------ Entries shown ------

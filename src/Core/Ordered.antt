-- ===== src/Core/Ordered.antt =====
-- Sorting and taking keep the elements of a list.
use mathlib.Core.List.{Memᴰ}
use clausa_lens.Prelude.{
  ◌<◌, refl, string_eq, ap, ℕ, zero, suc, ◌≤◌, Bool, List, [], ◌∷◌, length, take, All, ◌≡◌, arith,
  sort_by, insert_by, Bool-cases, inl, inr,
}
use clausa_lens.Contracts.IncidentEnums.{incident_status_eq}

Mem-later :
    {A : Type 0} (a x y : A) (ys zs : List A)
    → (Memᴰ a (x ∷ ys) → Memᴰ a zs)
    → Memᴰ a (x ∷ y ∷ ys)
    → Memᴰ a (y ∷ zs)
Mem-later a x y ys zs f (Memᴰ.head e) = Memᴰ.tail (f (Memᴰ.head e))
Mem-later a x y ys zs f (Memᴰ.tail (Memᴰ.head e)) = Memᴰ.head e
Mem-later a x y ys zs f (Memᴰ.tail (Memᴰ.tail m)) = Memᴰ.tail (f (Memᴰ.tail m))

insert_by-Mem :
    {A : Type 0} (less : A → A → Bool) (a x : A) (ys : List A)
    → Memᴰ a (x ∷ ys)
    → Memᴰ a (insert_by less x ys)
unfolding insert_by
insert_by-Mem less a x [] m = m
insert_by-Mem less a x (y ∷ ys) m = elim (Bool-cases (less y x)) [
  | inr e ↦ rw e m
  | inl e ↦ rw e (Mem-later a x y ys (insert_by less x ys) (insert_by-Mem less a x ys) m)
]

pub sort_by-Mem :
    {A : Type 0} (less : A → A → Bool) (a : A) (xs : List A) → Memᴰ a xs → Memᴰ a (sort_by less xs)
unfolding sort_by
sort_by-Mem less a [] m = elim m [ ]
sort_by-Mem less a (x ∷ xs) (Memᴰ.head e) = insert_by-Mem less a x (sort_by less xs) (Memᴰ.head e)
sort_by-Mem less a (x ∷ xs) (Memᴰ.tail m) =
    insert_by-Mem less a x (sort_by less xs) (Memᴰ.tail (sort_by-Mem less a xs m))

insert_by-All :
    {A : Type 0} (P : A → Type 0) (less : A → A → Bool) (x : A) (ys : List A)
    → P x
    → All P ys
    → All P (insert_by less x ys)
unfolding insert_by
insert_by-All P less x [] p all = (p, tt)
insert_by-All P less x (y ∷ ys) p (now, later) = elim (Bool-cases (less y x)) [
  | inl e ↦ rw e (now, insert_by-All P less x ys p later)
  | inr e ↦ rw e (p, (now, later))
]

pub sort_by-All :
    {A : Type 0} (P : A → Type 0) (less : A → A → Bool) (xs : List A)
    → All P xs
    → All P (sort_by less xs)
unfolding sort_by
sort_by-All P less [] all = tt
sort_by-All P less (x ∷ xs) (now, later) =
    insert_by-All P less x (sort_by less xs) now (sort_by-All P less xs later)

pub take-All : {A : Type 0} (P : A → Type 0) (n : ℕ) (xs : List A) → All P xs → All P (take n xs)
take-All P zero xs all = tt
take-All P (suc n) [] all = tt
take-All P (suc n) (x ∷ xs) (now, later) = (now, take-All P n xs later)

pub length-take : {A : Type 0} (n : ℕ) (xs : List A) → length (take n xs) ≤ n
length-take zero xs = omega arith
length-take (suc n) [] = omega arith
length-take (suc n) (x ∷ xs) = omega (arith, length-take n xs)

pub length-take-more : {A : Type 0} (n : ℕ) (xs : List A) → n < length xs → length (take n xs) ≡ n
length-take-more zero xs h = refl
length-take-more (suc n) [] h = omega arith
length-take-more (suc n) (x ∷ xs) h = ap suc (length-take-more n xs (omega arith))
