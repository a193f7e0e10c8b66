-- ===== src/Core/Query.antt =====
-- internal/core/store.go: what a query of `ListIncidents` asks of an incident, and its loop.
use mathlib.Core.List.{Memᴰ}
use clausa_lens.Prelude.{
  Option, none, ◌⊎◌, ◌↔◌, ◌<◌, refl, string_eq, String, ℕ, true, false, some, List, [], ◌∷◌, All,
  ◌≡◌, arith, ok, Result-cases, Option-cases, Bool-cases, inl, inr, subst,
}
use clausa_lens.Contracts.IncidentEnums.{IncidentStatus, incident_status_eq}
use clausa_lens.Contracts.Time.{parse_time}
use clausa_lens.Contracts.Incident.{Incident}
use clausa_lens.Graph.Build.{text_less}
use clausa_lens.Core.Incidents.{
  Cursor, CursorText, no_cursor, bad_cursor, cursor, IncidentListQuery, skipped_by, of_status,
  matching,
}

-- Older than a cursor: detected before it, or at the same time under a lesser id.
abbrev pub Older : Cursor → ℕ → String → Type 0
Older c time id =
    (time < c.detected_at) ⊎ ((time ≡ c.detected_at) × (text_less id c.incident_id ≡ true))

abbrev pub Follows : CursorText → ℕ → String → Type 0
Follows no_cursor time id = Unit
Follows bad_cursor time id = Unit
Follows (cursor c) time id = Older c time id

abbrev pub Asked : Option IncidentStatus → IncidentStatus → Type 0
Asked none status = Unit
Asked (some wanted) status = status ≡ wanted

-- What a query asks of an incident: its status, and to come after the cursor.
pub record Wanted (q : IncidentListQuery) (i : Incident) : Type 0 where
  pub status : Asked q.status i.status
  pub time : ℕ
  pub at : parse_time i.detected_at ≡ some time
  pub after : Follows q.after time i.incident_id

skipped_by-Follows :
    (c : CursorText) (time : ℕ) (id : String) → (skipped_by c time id ≡ false) ↔ Follows c time id
skipped_by-Follows no_cursor time id = (λ h. tt, λ f. refl)
skipped_by-Follows bad_cursor time id = (λ h. tt, λ f. refl)
skipped_by-Follows (cursor c) time id = (λ h. ground arith, λ f. ground arith)

of_status-Asked :
    (wanted : Option IncidentStatus) (status : IncidentStatus)
    → (of_status wanted status ≡ true) ↔ Asked wanted status
of_status-Asked none status = (λ h. tt, λ f. refl)
of_status-Asked (some w) status = incident_status_eq.beq_iff status w

not_Wanted :
    (q : IncidentListQuery) (i : Incident) (time : ℕ)
    → parse_time i.detected_at ≡ some time
    → skipped_by q.after time i.incident_id ≡ true
    → ¬ Wanted q i
not_Wanted q i time at skipped w =
    let same : time ≡ w.time = ground (arith, w.at) in
    let kept = (skipped_by-Follows q.after w.time i.incident_id).1 w.after in
    absurd (cc (skipped, rw (← same) at kept))

-- One round of the loop: an incident is kept exactly where it is wanted.
matching-cons :
    (q : IncidentListQuery) (i : Incident) (is found : List Incident)
    → matching q (i ∷ is) ≡ ok found
    → (rest : List Incident) × (matching q is ≡ ok rest)
      × ((Wanted q i × (i ∷ rest ≡ found)) ⊎ ((¬ Wanted q i) × (rest ≡ found)))
unfolding matching
matching-cons q i is found h = elim (Result-cases (matching q is)) [
  | inr (e, fails) ↦ absurd (ground arith)
  | inl (rest, later) ↦ elim (Bool-cases (of_status q.status i.status)) [
    | inr other ↦ (
      rest,
      later,
      inr (λ w. absurd (cc (other, (of_status-Asked q.status i.status).1 w.status)), ground arith),
    )
    | inl same ↦ elim (Option-cases (parse_time i.detected_at)) [
      | inl unparsed ↦ absurd (ground arith)
      | inr (time, at) ↦ elim (Bool-cases (skipped_by q.after time i.incident_id)) [
        | inl skipped ↦ (rest, later, inr (λ w. not_Wanted q i time at skipped w, ground arith))
        | inr kept ↦ (
          rest,
          later,
          inl (
            record {
              status = (of_status-Asked q.status i.status).0 same;
              time = time;
              at = at;
              after = (skipped_by-Follows q.after time i.incident_id).0 kept;
            },
            ground arith,
          ),
        )
      ]
    ]
  ]
]

pub matching-Wanted :
    (q : IncidentListQuery) (is found : List Incident)
    → matching q is ≡ ok found
    → All (Wanted q) found
unfolding matching
matching-Wanted q [] found h = let e : [] ≡ found = ground arith in subst (All (Wanted q)) e tt
matching-Wanted q (i ∷ is) found h =
    let (rest, later, choice) = matching-cons q i is found h in
    let tail = matching-Wanted q is rest later in
    elim choice [
      | inl (w, e) ↦ subst (All (Wanted q)) e (w, tail)
      | inr (unwanted, e) ↦ subst (All (Wanted q)) e tail
    ]

-- An incident that is not wanted, or is on a list.
abbrev pub Listed : IncidentListQuery → List Incident → Incident → Type 0
Listed q found i = (¬ Wanted q i) ⊎ Memᴰ i found

pub Listed-map :
    (q : IncidentListQuery) (xs ys is : List Incident)
    → ((i : Incident) → Memᴰ i xs → Memᴰ i ys)
    → All (Listed q xs) is
    → All (Listed q ys) is
Listed-map q xs ys [] f all = tt
Listed-map q xs ys (i ∷ is) f (inl unwanted, all) = (inl unwanted, Listed-map q xs ys is f all)
Listed-map q xs ys (i ∷ is) f (inr there, all) = (inr (f i there), Listed-map q xs ys is f all)

pub matching-Listed :
    (q : IncidentListQuery) (is found : List Incident)
    → matching q is ≡ ok found
    → All (Listed q found) is
matching-Listed q [] found h = tt
matching-Listed q (i ∷ is) found h =
    let (rest, later, choice) = matching-cons q i is found h in
    let tail = matching-Listed q is rest later in
    elim choice [
      | inl (w, e) ↦
          subst (λ xs. All (Listed q xs) (i ∷ is)) e
            (inr (Memᴰ.head refl), Listed-map q rest (i ∷ rest) is (λ j m. Memᴰ.tail m) tail)
      | inr (unwanted, e) ↦ (inl unwanted, subst (λ xs. All (Listed q xs) is) e tail)
    ]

------

## Task directions
In the listing above, the lines from the one containing "take-All P (suc n) (x" through the one containing "length-take-more (suc n) [] h = omega arith" must be set down exactly, with no other lines.

## Exercise response
take-All P (suc n) (x ∷ xs) (now, later) = (now, take-All P n xs later)

pub length-take : {A : Type 0} (n : ℕ) (xs : List A) → length (take n xs) ≤ n
length-take zero xs = omega arith
length-take (suc n) [] = omega arith
length-take (suc n) (x ∷ xs) = omega (arith, length-take n xs)

pub length-take-more : {A : Type 0} (n : ℕ) (xs : List A) → n < length xs → length (take n xs) ≡ n
length-take-more zero xs h = refl
length-take-more (suc n) [] h = omega arith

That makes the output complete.